MGOC has definite problems, including a high percentage of very coarse organic material. If the Scott's is better, and widely available, it would be great to have another product to recommend.


----------



## Skizhx (Oct 12, 2010)

Michael, yes, I have used MGOC. I believe we discussed this in another thread once before.

The only reason I would be hesitant to recommend this is because I can't find the packaging anywhere online, so I suspect it may be a region-specific product. I would post a picture but I wont be home for another 4-5 weeks at least. I can't find the product on their website either :\

But the bag of Scott's I've been using, whatever product it is, regional or whatever, I do prefer over the MGOC for three main reasons...

1) I find Scott's to be much easier to work with when submerged. It tends to stay together when it's disturbed, so it's easy to siphon the stray bits out of the tank, instead of having it disperse itself in a big cloudy mess. Do note that I'm using fluorite black sand as a cap, so this may have something to do with it as well...

2) Absolutely no tannin release

3) I suspect this soil doesn't have any organic fertilizers in it. The bag says that you should start using fertilizers with it immediately. It is a not a potting soil. Personally the initial break-in of my tank was easy. I had a bit of a diatom phase while the plants grew in, then once things got established, I haven't had to clean my glass or anything.

It does have obvious clumps of peat moss in it. I just left these in. There weren't too many large twigs, but I would still sift through it...

I can't speak for this soil in regards to what it has and what it lacks, since I haven't experimented with enough plants. Dwarf sag and E. Tennellus love the stuff though.

Otherwise, interesting experience with MGOC, someone tried to copy my aquariums using MGOC in a 10gal running 2 T8 fixtures. Their plants started doing poorly, and they were getting frustrated, so as a last resort I gave them my seachem root tabs to try. Plants seemed to stabilize. So might be something to that combination...


----------



## Michael (Jul 20, 2010)

Thanks for reminding me, I remember the discussion now.

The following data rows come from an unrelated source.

-- ===== src/Tests/Syncs.antt =====
-- Runs of the sync engine, its filter and its check (object/sync), and instances of the theorems on
-- them.
pub mod Copies
pub mod Checks
use omnistorage_core.Base.{
  ℕ, ◌≡◌, refl, true, false, not, ◌&&◌, ◌||◌, Option, none, some, List, [], ◌∷◌, ◌++◌, arith,
  if◌then◌else◌, ◌==◌, contains, list_eq, nat_eq, length, Result, ok, err, pos, any, ◌+◌,
  Bool-cases, inl, inr,
}
use omnistorage_core.Base.Dict
use omnistorage_core.Object.Hashing.{concat}
use mathlib.Core.List.{append-nil}
use omnistorage_core.Base.Dict.{Dict}
use omnistorage_core.Base.Text.{Text, bytes, has_prefix}
use omnistorage_core.Object.{Error}
use omnistorage_core.Object.Backend.{Backend, Stream}
use omnistorage_core.Object.FilePath
use omnistorage_core.Object.Copying
use omnistorage_core.Object.FilePath.{join_path}
use omnistorage_core.Sync.Check.{CheckResult, compare_content, files_match, check}
use omnistorage_core.Sync.Check.Answers.{compare_content_lem, files_match_total, files_match_far}
use omnistorage_core.Sync.Check.Partition.{check_lem}
use omnistorage_core.Sync.Filter.{Rule, matches, rejects}
use omnistorage_core.Sync.Filter.Meaning.{matches_lem, is_include, includes, all_admit}
use omnistorage_core.Sync.Engine.{compare, file_map, move, Env, sync, Action, to_delete}
use omnistorage_core.Sync.Engine.Planning.{compare_lem, is_file}
use omnistorage_core.Sync.Engine.Accounting.{handled, handled-sync}
use omnistorage_core.Sync.Engine.Untouched.{dry_run_changes_nothing}
use omnistorage_core.Sync.Engine.Mirror.{Works}
use omnistorage_core.Sync.Engine.Outcome.{sync_mirrors}
use omnistorage_core.Sync.Retry.{default_config}
use omnistorage_core.Sync.Copies.{copy, tree_copy}
use omnistorage_core.Sync.Copies.Outcomes.{handled-tree_copy, dry_copies_change_nothing}
use omnistorage_core.Sync.Verify.{verify}
use omnistorage_core.Sync.Verify.Overlooked.{verify_overlooks}
use omnistorage_core.Sync.Options.{Report, Options, FileInfo, no_options}
use omnistorage_core.Sync.Transfer.{copy_file_with_context, stream_copy}
use omnistorage_core.Sync.Transfer.Contents.{
  copy_file_with_context_lem, Views, IsLawful, stream_copy_truncates,
}
use omnistorage_core.Sync.Engine
use omnistorage_core.Sync.Listing.{list_files}
use omnistorage_core.Object.FilePath
use omnistorage_core.Sync.Check
use omnistorage_core.Sync.Content
use omnistorage_core.Sync.Transfer
use omnistorage_core.Sync.Options
use omnistorage_core.Sync.Filter
use omnistorage_core.Sync.Listing

-- Two maps of files, and the one writer that may be open.
pub record World : Type 0 where
  pub from : Dict Text (List ℕ)
  pub into : Dict Text (List ℕ)
  pub writing : Option (Text × List ℕ)

pub look : Text → Dict Text (List ℕ) → Result Error Stream
unfolding Dict.lookup
look p d = elim (Dict.lookup p d) [
  | none ↦ err Error.not_found
  | some content ↦ ok (record { chunks = content ∷ []; failure = none })
]

abbrev write_to : ℕ → List ℕ → World → World × Result Error ℕ
write_to h chunk w = elim w.writing [
  | none ↦ (w, err Error.writer_closed)
  | some (q, buffer) ↦ (record w { writing = some (q, buffer ++ chunk) }, ok (length chunk))
]

abbrev close_file : ℕ → World → World × Result Error (Unit {0})
close_file h w = elim w.writing [
  | none ↦ (w, err Error.writer_closed)
  | some (q, buffer) ↦ (record w { into = Dict.insert q buffer w.into; writing = none }, ok tt)
]

abbrev pub source_backend : Backend World
source_backend = record {
  new_writer = λ q os w. (w, err Error.context);
  write = λ h chunk w. (w, err Error.context);
  close_writer = λ h w. (w, err Error.context);
  new_reader = λ p w. look p w.from;
  exists = λ p w. ok (Dict.is_some (Dict.lookup p w.from));
  delete = λ p w. (record w { from = Dict.erase p w.from }, ok tt);
  list = λ prefix w. ok (Dict.keys w.from);
  extended = none;
}

abbrev pub destination : Backend World
destination = record {
  new_writer = λ q os w. (record w { writing = some (q, []) }, ok 0);
  write = write_to;
  close_writer = close_file;
  new_reader = λ p w. look p w.into;
  exists = λ p w. ok (Dict.is_some (Dict.lookup p w.into));
  delete = λ p w. (record w { into = Dict.erase p w.into }, ok tt);
  list = λ prefix w. ok (Dict.keys w.into);
  extended = none;
}

abbrev pub views : Views World
views = record {
  is_path = λ p. true;
  in_src = λ w p. Dict.lookup p w.from;
  in_dst = λ w p. Dict.lookup p w.into;
  pending = λ w h. w.writing;
}

pub reads :
    (p : Text) (w : World) {content : List ℕ}
    → Dict.lookup p w.from ≡ some content
    → (s : Stream) × (look p w.from ≡ ok s) × (concat s.chunks ≡ content) × (s.failure ≡ none)
unfolding look
reads p w {content} h =
    (record { chunks = content ∷ []; failure = none }, rw (look, h) refl, append-nil content, refl)

pub lawful : IsLawful views source_backend destination
lawful = record {
  reads = reads;
  opens = λ q os w h. (0, refl, refl, (λ p. refl, λ p. refl));
  writes = λ h chunk w {q} {buffer} e.
      (rw e refl, rw e refl, (λ p. ground (arith, e), λ p. ground (arith, e)));
  closes = λ h w {q} {buffer} e. (
    rw e refl,
    (λ p. ground (arith, e), λ p. ground (arith, e, Dict.lookup-insert p q buffer w.into)),
  );
  deletes = λ q w h. (refl, (λ p. refl, λ p. Dict.lookup-erase p q w.into));
}

pub program : Unit {0}
unfolding look join_path FilePath.split FilePath.join FilePath.contains_text FilePath.clean_part
    FilePath.clean_parts FilePath.clean FilePath.is_idle FilePath.is_dot_dot FilePath.trim_slash
    has_prefix Dict.lookup Dict.insert Dict.erase Dict.retain Dict.keys Listing.relative
    Listing.file_info Listing.is_kept Listing.list_each Listing.list_files Filter.matches
    Filter.match_pattern Filter.scan_includes Filter.rejects Filter.check_rules Filter.base
    Filter.drop_empty Filter.replace_stars Filter.is_empty Filter.sub_time Options.needs_update
    Options.add_error Options.is_full Options.success Transfer.build_writer_options
    Copying.copy_chunks Transfer.stream_copy Transfer.copy_file_single
    Transfer.copy_file_with_context Engine.file_map Engine.compare Engine.to_delete
    Engine.count_copy Engine.initial Engine.copy_one Engine.copy_all Engine.delete_all
    Engine.transfer Engine.sync Engine.copy_dir Engine.move_each Engine.move Content.ended
    Content.read_full Content.verdict Content.compare_loop Content.opened Check.is_far
    Check.compare_content Check.files_match Check.file_map Check.check_each Check.check
    Check.diff_entries Check.diff list_eq nat_eq
program = tt

-- No pattern matches, and times are compared as they are.
abbrev pub env : Env World
env = record {
  src = source_backend;
  dst = destination;
  same_backend = false;
  cancelled = λ w. none;
  interrupted = λ w. none;
  scale = λ d. d;
  jittered = λ i d. d;
  glob = λ pattern name. pattern == name;
  now = 0;
  same_time = λ t u. t == u;
  copy_order = λ actions. actions;
  delete_order = λ ps. ps;
}

abbrev pub mirror : Options
mirror = record no_options { delete_extra = true }

abbrev pub world : World
world = record {
  from = (bytes "in/a", 1 ∷ []) ∷ (bytes "in/b", 2 ∷ []) ∷ [];
  into = (bytes "in/a", 9 ∷ []) ∷ (bytes "in/c", 3 ∷ []) ∷ [];
  writing = none;
}

abbrev pub file : Text → FileInfo
file p = record { path = p; size = pos 0; mod_time = 0; hash = []; is_dir = false }

abbrev pub ours : List FileInfo
ours = file (bytes "a") ∷ file (bytes "b") ∷ []

abbrev pub theirs : List FileInfo
theirs = file (bytes "a") ∷ file (bytes "c") ∷ []

pub listed_ours : list_files env.glob env.now mirror source_backend (bytes "in") world ≡ ok ours
unfolding program
listed_ours = refl

pub listed_theirs : list_files env.glob env.now mirror destination (bytes "in") world ≡ ok theirs
unfolding program
listed_theirs = refl

-- Without metadata the file that both have is taken to be the same, though its content differs.
mirrored :
    (sync env mirror (bytes "in") (bytes "in") world).0.into
    ≡ (bytes "in/a", 9 ∷ []) ∷ (bytes "in/b", 2 ∷ []) ∷ []
unfolding program
mirrored = refl

works : Works env views mirror
works = record { distinct = refl; alive = λ w. refl; lawful = lawful; for_real = refl }

sync_mirrors_example :
    let w' = (sync env mirror (bytes "in") (bytes "in") world).0 in
    (((Dict.lookup (bytes "in/b") w'.into ≡ some (2 ∷ [])) × Unit {0})
      × ((q : Text) → contains (bytes "in/c" ∷ []) q ≡ true → Dict.lookup q w'.into ≡ none)
      × ((q : Text)
          → contains (bytes "in/b" ∷ []) q ≡ false
          → contains (bytes "in/c" ∷ []) q ≡ false
          → Dict.lookup q w'.into ≡ Dict.lookup q world.into))
unfolding program
sync_mirrors_example =
    sync_mirrors env views mirror works (bytes "in") (bytes "in") ours theirs world listed_ours
      listed_theirs ((((2 ∷ [], refl), refl), tt)) ((refl, tt)) ((refl, (refl, tt)))

dry_run_example :
    ((sync env (record mirror { dry_run = true }) (bytes "in") (bytes "out") world).0 ≡ world)
    × ((move env (record mirror { dry_run = true }) (bytes "in") (bytes "out") world).0 ≡ world)
dry_run_example =
    dry_run_changes_nothing env (record mirror { dry_run = true }) (bytes "in") (bytes "out") world
      refl

handled-sync_example :
    (r : Report) × ((sync env no_options (bytes "in") (bytes "in") world).1 ≡ some r)
    × ((sync env no_options (bytes "in") (bytes "in") world).2 ≡ none)
    × (handled r ≡ 2)
unfolding program
handled-sync_example =
    handled-sync env no_options (bytes "in") (bytes "in") (λ w. refl) refl ours theirs world
      (λ actions. refl) refl refl listed_ours listed_theirs

compare_example :
    let plan = compare env.same_time mirror ours (file_map theirs []) in
    (plan.to_copy ≡ record { file = file (bytes "b"); is_update = false } ∷ [])
    × (plan.skipped + length plan.to_copy ≡ 2)
    × ((p : Text)
        → contains (to_delete mirror plan.extra) p ≡ (
            true
            && is_file (Dict.lookup p (file_map theirs []))
            && not (contains (bytes "a" ∷ bytes "b" ∷ []) p)))
unfolding program
compare_example =
    compare_lem env.same_time mirror ours (file_map theirs []) (refl, (refl, tt)) (refl, (refl, tt))

abbrev json_only : List Rule
json_only = Rule.include (bytes "*.json") ∷ Rule.max_size (pos 10) ∷ []

matches_example :
    matches env.glob 0
      (some json_only)
      (record { path = bytes "*.json"; size = pos 3; mod_time = 0; is_dir = false })
    ≡ ((not (any is_include json_only) || any (includes env.glob (bytes "*.json")) json_only)
        && all_admit env.glob 0
            (record { path = bytes "*.json"; size = pos 3; mod_time = 0; is_dir = false })
            json_only)
matches_example =
    matches_lem env.glob 0 json_only
      (record { path = bytes "*.json"; size = pos 3; mod_time = 0; is_dir = false })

I'm going to look for Scott's Premium Topsoil here in Texas and let you know what I find. The fact that they tell the buyer to start using fertilizers immediately is actually encouraging for aquarium use.


----------



## D9Vin (May 12, 2011)

I think I still have the bags at home, I will check when I get back, but it won't be for a while. I can tell you that my stuff has quite a few pieces of wood, large pieces too, and it also mentioned peat, but I didn't notice any large chunks.


----------



## Skizhx (Oct 12, 2010)

Like I said, my bag has "Canadian peat moss". The bag has a picture of a wheelbarrel on a lawn with a shovel in it, and I think there's a brick planter next to the wheelbarrel or something.

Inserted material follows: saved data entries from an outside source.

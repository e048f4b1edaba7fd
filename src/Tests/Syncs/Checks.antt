-- ===== src/Tests/Syncs/Checks.antt =====
-- Runs of the check and of the verification of object/sync, and instances of the theorems on them.
use omnistorage_core.Base.{
  ◌≡◌, refl, true, false, none, some, [], ◌∷◌, arith, if◌then◌else◌, contains, list_eq, nat_eq, ok,
  err,
}
use omnistorage_core.Base.Dict
use omnistorage_core.Base.Dict.{Dict}
use omnistorage_core.Base.Text.{Text, bytes}
use omnistorage_core.Object.{Error}
use omnistorage_core.Object.Backend.{Backend}
use omnistorage_core.Sync.Check.{CheckResult, compare_content, files_match, check}
use omnistorage_core.Sync.Check.Answers.{compare_content_lem}
use omnistorage_core.Sync.Check.Partition.{check_lem}
use omnistorage_core.Sync.Verify.{verify}
use omnistorage_core.Sync.Verify.Overlooked.{verify_overlooks}
use omnistorage_core.Sync.Options.{Options, FileInfo, no_options}
use omnistorage_core.Sync.Check
use omnistorage_core.Tests.Syncs.{
  World, source_backend, destination, program, env, world, file, ours, theirs, listed_ours,
  listed_theirs,
}

compare_content_example :
    compare_content source_backend destination no_options
      (bytes "in")
      (bytes "in")
      (bytes "a")
      (bytes "a")
      world
    ≡ some (ok false)
unfolding program
compare_content_example =
    compare_content_lem source_backend destination no_options (bytes "in") (bytes "in") (bytes "a")
      (bytes "a") world (record { chunks = (1 ∷ []) ∷ []; failure = none })
      (record { chunks = (9 ∷ []) ∷ []; failure = none }) refl refl refl refl

abbrev late : FileInfo
late = record (file (bytes "a")) { mod_time = 9223372036854775808 }

check_example :
    (r : CheckResult) × (left : Dict Text FileInfo) × (check source_backend destination no_options
        (bytes "in")
        (bytes "in")
        env.glob
        0
        (λ ps. ps)
        world
      ≡ some (ok r))
    × (r.match ≡ bytes "a" ∷ [])
    × (r.differ ≡ [])
    × (r.src_only ≡ bytes "b" ∷ [])
    × (r.dst_only ≡ Dict.keys left)
    × ((p : Text)
        → Dict.lookup p left ≡ (
            if contains (bytes "a" ∷ bytes "b" ∷ []) p
            then none
            else Dict.lookup p (
                Check.file_map source_backend destination no_options
                  (bytes "in")
                  (bytes "in")
                  theirs
                  [])))
unfolding program
check_example =
    check_lem source_backend destination no_options (bytes "in") (bytes "in") world env.glob 0
      (λ ps. ps) ours theirs listed_ours listed_theirs (refl, (refl, tt))

-- a destination that lists its files, but cannot read them
abbrev unreadable : Backend World
unreadable = record destination { new_reader = λ p w. err Error.backend_closed }

abbrev single : World
single = record {
  from = (bytes "in/a", 1 ∷ []) ∷ [];
  into = (bytes "in/a", 9 ∷ []) ∷ [];
  writing = none;
}

abbrev hashed : Options
hashed = record no_options { checksum = true }

overlooked_example :
    verify source_backend unreadable env.glob 0 (λ ps. ps) (bytes "in") (bytes "in") hashed single
    ≡ some (ok true)
unfolding program
overlooked_example =
    verify_overlooks source_backend unreadable hashed (bytes "in") (bytes "in") single env.glob 0
      (λ ps. ps) (file (bytes "a") ∷ []) (file (bytes "a") ∷ []) refl refl (refl, tt) refl refl
      (λ p h. ground (arith, h))
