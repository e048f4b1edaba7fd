-- ===== src/Tests/Syncs/Copies.antt =====
-- Runs of the copies of object/copy.go and object/sync/copy.go, and instances of the theorems on them.
use omnistorage_core.Base.{
  ℕ, ◌%◌, ◌<◌, ◌≡◌, refl, sym, ap, ◌∙◌, All, Option, false, none, some, List, [], ◌∷◌, arith,
  if◌then◌else◌, ◌==◌, list_eq, nat_eq, ok, err, Bool-cases, inl, inr,
}
use omnistorage_core.Base.Dict
use omnistorage_core.Object.Hashing.{
  concat, Digests, sha1_type, new_hash, hash_bytes, hash_bytes_from_sum, char_at,
}
use omnistorage_core.Base.Dict.{Dict}
use omnistorage_core.Base.Text.{Text, bytes}
use omnistorage_core.Object.{Error}
use omnistorage_core.Object.Backend.{Backend, Stream}
use omnistorage_core.Sync.Transfer.{stream_copy}
use omnistorage_core.Sync.Transfer.Contents.{Views, IsLawful, stream_copy_truncates}
use omnistorage_core.Object.Copying.{copy_path_with_hash}
use omnistorage_core.Object.Copying.Hashes.{copy_path_with_hash_lem, IsStandard, hex_of}
use omnistorage_core.Tests.Syncs.{
  World, look, source_backend, destination, views, lawful, reads, program, world,
}

-- a source whose file b breaks off
abbrev partial_stream : Stream
partial_stream = record { chunks = (1 ∷ []) ∷ []; failure = some Error.context }

abbrev partial_source : Backend World
partial_source = record source_backend {
  new_reader = λ p w. if p == bytes "b" then ok partial_stream else look p w.from;
}

abbrev whole_views : Views World
whole_views = record views { in_src = λ w p. if p == bytes "b" then none else Dict.lookup p w.from }

reads_whole :
    (p : Text) (w : World) {content : List ℕ}
    → (if p == bytes "b" then none else Dict.lookup p w.from) ≡ some content
    → (s : Stream) × ((if p == bytes "b" then ok partial_stream else look p w.from) ≡ ok s)
      × (concat s.chunks ≡ content)
      × (s.failure ≡ none)
reads_whole p w h = elim (Bool-cases (p == bytes "b")) [
  | inl e ↦ absurd (ground (arith, e, h))
  | inr e ↦ rw e (reads p w (ground (arith, e, h)))
]

partial-IsLawful : IsLawful whole_views partial_source destination
partial-IsLawful = record {
  reads = reads_whole;
  opens = λ q os w h. (0, refl, refl, (λ p. refl, λ p. refl));
  writes = λ h chunk w {q} {buffer} e.
      (rw e refl, rw e refl, (λ p. ground (arith, e), λ p. ground (arith, e)));
  closes = λ h w {q} {buffer} e. (
    rw e refl,
    (λ p. ground (arith, e), λ p. ground (arith, e, Dict.lookup-insert p q buffer w.into)),
  );
  deletes = λ q w h. (refl, (λ p. refl, λ p. Dict.lookup-erase p q w.into));
}

truncated_example :
    let copy = stream_copy partial_source destination false none (bytes "b") (bytes "x") world in
    (copy.1 ≡ err Error.context)
    × (((p : Text)
          → (if p == bytes "b" then none else Dict.lookup p copy.0.from)
            ≡ (if p == bytes "b" then none else Dict.lookup p world.from))
        × ((p : Text)
            → Dict.lookup p copy.0.into
              ≡ (if p == bytes "x" then some (1 ∷ []) else Dict.lookup p world.into)))
unfolding program
truncated_example =
    stream_copy_truncates partial_source destination whole_views partial-IsLawful none (bytes "b")
      (bytes "x") world partial_stream refl refl refl

-- digests that are the content itself, as bytes
abbrev modulo : List ℕ → List ℕ
modulo [] = []
modulo (c ∷ content) = c % 256 ∷ modulo content

abbrev plain_digests : Digests
plain_digests = record {
  md5 = modulo;
  sha1 = modulo;
  sha256 = modulo;
  crc32c = modulo;
  encode_to_string = hex_of;
}

modulo-All : (content : List ℕ) → All (λ b. b < 256) (modulo content)
modulo-All [] = tt
modulo-All (c ∷ content) = (omega arith, modulo-All content)

abbrev or_modulo : Option (List ℕ → List ℕ) → List ℕ → List ℕ
or_modulo none = modulo
or_modulo (some digest) = digest

plain_lem : (t content : Text) → or_modulo (new_hash plain_digests t) content ≡ modulo content
unfolding new_hash
plain_lem t content = ground arith

plain-All :
    (t content : Text) {digest : List ℕ → List ℕ}
    → new_hash plain_digests t ≡ some digest
    → All (λ b. b < 256) (digest content)
unfolding new_hash
plain-All t content {digest} e =
    let same : modulo content ≡ digest content =
      sym (plain_lem t content) ∙ ap (λ d. or_modulo d content) e in
    rw⁻¹ same (modulo-All content)

plain_digests-IsStandard : IsStandard plain_digests
plain_digests-IsStandard = record { encodes = λ sum h. refl; are_bytes = plain-All }

copied_with_hash_example :
    let copy =
      copy_path_with_hash source_backend destination plain_digests sha1_type
        (bytes "in/b")
        (bytes "x")
        []
        world in
    (copy.1 ≡ ok (bytes "02"))
    × (hash_bytes plain_digests (2 ∷ []) sha1_type ≡ bytes "02")
    × (((p : Text) → Dict.lookup p copy.0.from ≡ Dict.lookup p world.from)
        × ((p : Text)
            → Dict.lookup p copy.0.into
              ≡ (if p == bytes "x" then some (2 ∷ []) else Dict.lookup p world.into)))
unfolding program new_hash hash_bytes hash_bytes_from_sum char_at
copied_with_hash_example =
    copy_path_with_hash_lem source_backend destination views lawful plain_digests sha1_type
      (bytes "in/b") (bytes "x") [] world refl refl refl plain_digests-IsStandard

I bought the bag in Atlantic Canada. It could very well just be the same product but regional packaging.

Might try e-mailing Scott's to see if I can get a clear answer regarding this.

Yes Michael, I was happy that they advised using fertilizers immediately as well.


----------



## Michael (Jul 20, 2010)

I'm glad this topic came up again--it motivated me to get off my duff and do some research.

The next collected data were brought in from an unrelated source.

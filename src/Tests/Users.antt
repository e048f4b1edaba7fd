-- ===== src/Tests/Users.antt =====
-- Runs of the in-memory session store (session/backend/memory/memory.go), and instances of the
-- theorems on sessions.
use omnistorage_core.Base.{
  ℕ, ◌+◌, ◌≡◌, refl, ◌≢◌, true, false, none, some, List, [], ◌∷◌, ◌++◌, if◌then◌else◌, contains,
  list_eq, nat_eq, length, replicate, All, ok, err,
}
use omnistorage_core.Base.Dict
use omnistorage_core.Base.Dict.{Dict, NodupKeys}
use omnistorage_core.Base.Sort.{Distinct}
use omnistorage_core.Base.Text.{Text, bytes}
use omnistorage_core.Session
use omnistorage_core.Session.{Session, Error, Sentinel, sentinel, default_config}
use omnistorage_core.Session.Ids
use omnistorage_core.Session.Ids.{valid_session_id, generate_session_id, generate_session_id-valid}
use omnistorage_core.Session.Order
use omnistorage_core.Session.Order.{sort_by_created, IsOldestFirst, sort_by_created_lem}
use omnistorage_core.Session.Order.Members.{session_ids}
use omnistorage_core.Session.Memory
use omnistorage_core.Session.Memory.{
  Store, add_id, remove_id, index_session, unindex_session, collect, erase_all, remove_each,
}
use omnistorage_core.Session.Memory.Invariant.{owned, same_owner, IsIndexed, init-IsIndexed}
use omnistorage_core.Session.Memory.Calls
use omnistorage_core.Session.Memory.Calls.{Call, after, after-IsIndexed}
use omnistorage_core.Session.Memory.Users.{list_by_user_id_lem, delete_by_user_id_lem}

program : Unit {0}
unfolding Session.is_expired Memory.add_id Memory.remove_id Memory.index_session
    Memory.unindex_session Memory.update Memory.erase_all Memory.delete_by_user_id Memory.touch
    Memory.close Memory.collect Memory.list_by_user_id Memory.len Memory.create
    Memory.delete_session Memory.get Memory.delete Memory.remove_each Memory.remove_expired
    Order.pass Order.rounds Order.sort_by_created Calls.after Dict.lookup Dict.insert Dict.erase
    Dict.retain Dict.keys Ids.is_id_byte Ids.are_id_bytes Ids.valid_session_id Ids.base64_char
    Ids.base64_encode Ids.generate_session_id list_eq nat_eq
program = tt

-- The text of a user's ID stands for the ID itself here.
abbrev text_of : Text → Text
text_of u = u

abbrev ann : Text
ann = 1 ∷ []

abbrev bob : Text
bob = 2 ∷ []

abbrev session : Text → Text → ℕ → ℕ → Session ℕ
session id user made expires = record {
  id = id;
  user_id = user;
  site_id = [];
  organization_id = none;
  content = 7;
  created_at = made;
  updated_at = made;
  last_accessed_at = made;
  expires_at = expires;
  ip_address = [];
  user_agent = [];
}

abbrev newer : Session ℕ
newer = session (bytes "s1") ann 20 0

abbrev older : Session ℕ
older = session (bytes "s2") ann 10 30

abbrev other : Session ℕ
other = session (bytes "s3") bob 15 0

abbrev empty : Store ℕ
empty = Memory.init default_config

abbrev one : Store ℕ
one = after text_of (Call.create none (some newer)) empty

abbrev two : Store ℕ
two = after text_of (Call.create none (some older)) one

abbrev three : Store ℕ
three = after text_of (Call.create none (some other)) two

listed_oldest_first : Memory.list_by_user_id none ann three ≡ ok (older ∷ newer ∷ [])
unfolding program
listed_oldest_first = refl

expired_on_get : (Memory.get text_of none 40 older.id three).1 ≡ err (sentinel Sentinel.expired)
unfolding program
expired_on_get = refl

removed_on_get :
    (Memory.get text_of none 40 older.id three).0.user_index
    ≡ (ann, newer.id ∷ []) ∷ (bob, other.id ∷ []) ∷ []
unfolding program
removed_on_get = refl

empty-IsIndexed : IsIndexed text_of empty
empty-IsIndexed = init-IsIndexed text_of default_config

one-IsIndexed : IsIndexed text_of one
one-IsIndexed =
    after-IsIndexed text_of (Call.create none (some newer)) empty empty-IsIndexed
      (unfold program in refl)

two-IsIndexed : IsIndexed text_of two
two-IsIndexed =
    after-IsIndexed text_of (Call.create none (some older)) one one-IsIndexed
      (unfold program in refl)

still_free : same_owner text_of two.sessions other ≡ true
unfolding program
still_free = refl

two_open : two.is_closed ≡ false
unfolding program
two_open = refl

three_open : three.is_closed ≡ false
unfolding program
three_open = refl

after-IsIndexed_example : IsIndexed text_of (after text_of (Call.create none (some other)) two)
after-IsIndexed_example =
    after-IsIndexed text_of (Call.create none (some other)) two two-IsIndexed still_free

list_by_user_id_example :
    (xs : List (Session ℕ)) × (Memory.list_by_user_id none ann two ≡ ok xs)
    × IsOldestFirst xs
    × All (λ x. Dict.lookup x.id two.sessions ≡ some x) xs
    × Distinct (session_ids xs)
    × ((id : Text) → contains (session_ids xs) id ≡ owned text_of two.sessions ann id)
list_by_user_id_example = list_by_user_id_lem text_of ann two two-IsIndexed two_open

delete_by_user_id_example :
    (n : ℕ) × ((Memory.delete_by_user_id none ann two).1 ≡ ok n)
    × (length (Memory.delete_by_user_id none ann two).0.sessions + n ≡ length two.sessions)
    × ((id : Text)
        → Dict.lookup id (Memory.delete_by_user_id none ann two).0.sessions
          ≡ (if owned text_of two.sessions ann id then none else Dict.lookup id two.sessions))
delete_by_user_id_example = delete_by_user_id_lem text_of ann two two-IsIndexed two_open

named : newer.id ≢ []
named h = cc

named_other : other.id ≢ []
named_other h = cc

abbrev taken : Session ℕ
taken = record newer { user_id = bob }

-- what is left once ann's sessions are deleted
abbrev after_bob : Store ℕ
after_bob = (Memory.delete_by_user_id none ann (Memory.create text_of none (some taken) two).0).0

stored : Dict.lookup taken.id two.sessions ≡ some newer
unfolding program
stored = refl

different : ann ≢ bob
different h = cc

sorted : sort_by_created (newer ∷ other ∷ older ∷ []) ≡ older ∷ other ∷ newer ∷ []
unfolding program
sorted = refl

abbrev random : List ℕ
random = replicate 32 255

abbrev generated : Text
generated = replicate 42 b'_' ++ b'8' ∷ []

generate : generate_session_id {E = Error} (ok random) ≡ ok generated
unfolding program
generate = refl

I needed some potting soil for terrestrial plants anyway, so I went to my local Home Depot. There I bought Miracle Grow Organic Choice potting mix, and Scott's Premium Topsoil. The Scott's bag was mostly red, with a photo of some flowers across the top, and a little drawing of a shovel sticking out of a pile of. . .stuff.

According to the bags:

*MGOC*

50-55% composted bark
Sphagnum peat moss
Pasturized poultry litter
organic wetting agent (whatever that is)

Analysis 0.10-0.05-0.05
total nitrogen 0.10%
available phosphate (P2O2) 0.05%
soluable potash (K2O) 0.05%
". . .feeds up to 2 months. . ."

*Scott's*

"This product is regionally formulated with organic materials (including one or more of the following: peat, composted forest products, aged rice hulls or compost) and sphagnum peat moss.

No analysis is given, but ". . .immediately begin a feeding program. . ."

So what does this tell us? First, neither of these is remotely similar to a natural top soil. Second, they are both 100% organic material, no minerals like clay or silt that might be desireable in an aquarium substrate.

Third, one can infer from the packaging that MGOC is a more consistent and more fertile product, otherwise they would not put an analysis on the bag. Scott's is more likely to vary in fertility and ingredients, but does not have any manure in it. It is probably never as fertile as MGOC.

What do you see when you open the bag? My two samples were virtually identical in appearance. I don't think I could tell two unlabeled samples apart. The Scott's might have slightly less coarse pieces in it, but I didn't do a sieve test to check.

The Scott's product is significantly less expensive, about 50% of the price of the MGOC.

My conclusion: with no manure and less fertility, Scott's is likely to be better straight from the bag, and might be easier to mineralize. Combined with its lower cost, I think Scott's looks like a slightly better product for our purposes.

Skizhx has had good results with it, and I'm going to try it the next time I make a batch of MTS. That won't be soon, since I have lots left over from my last batch.

I think we can recommend it.


----------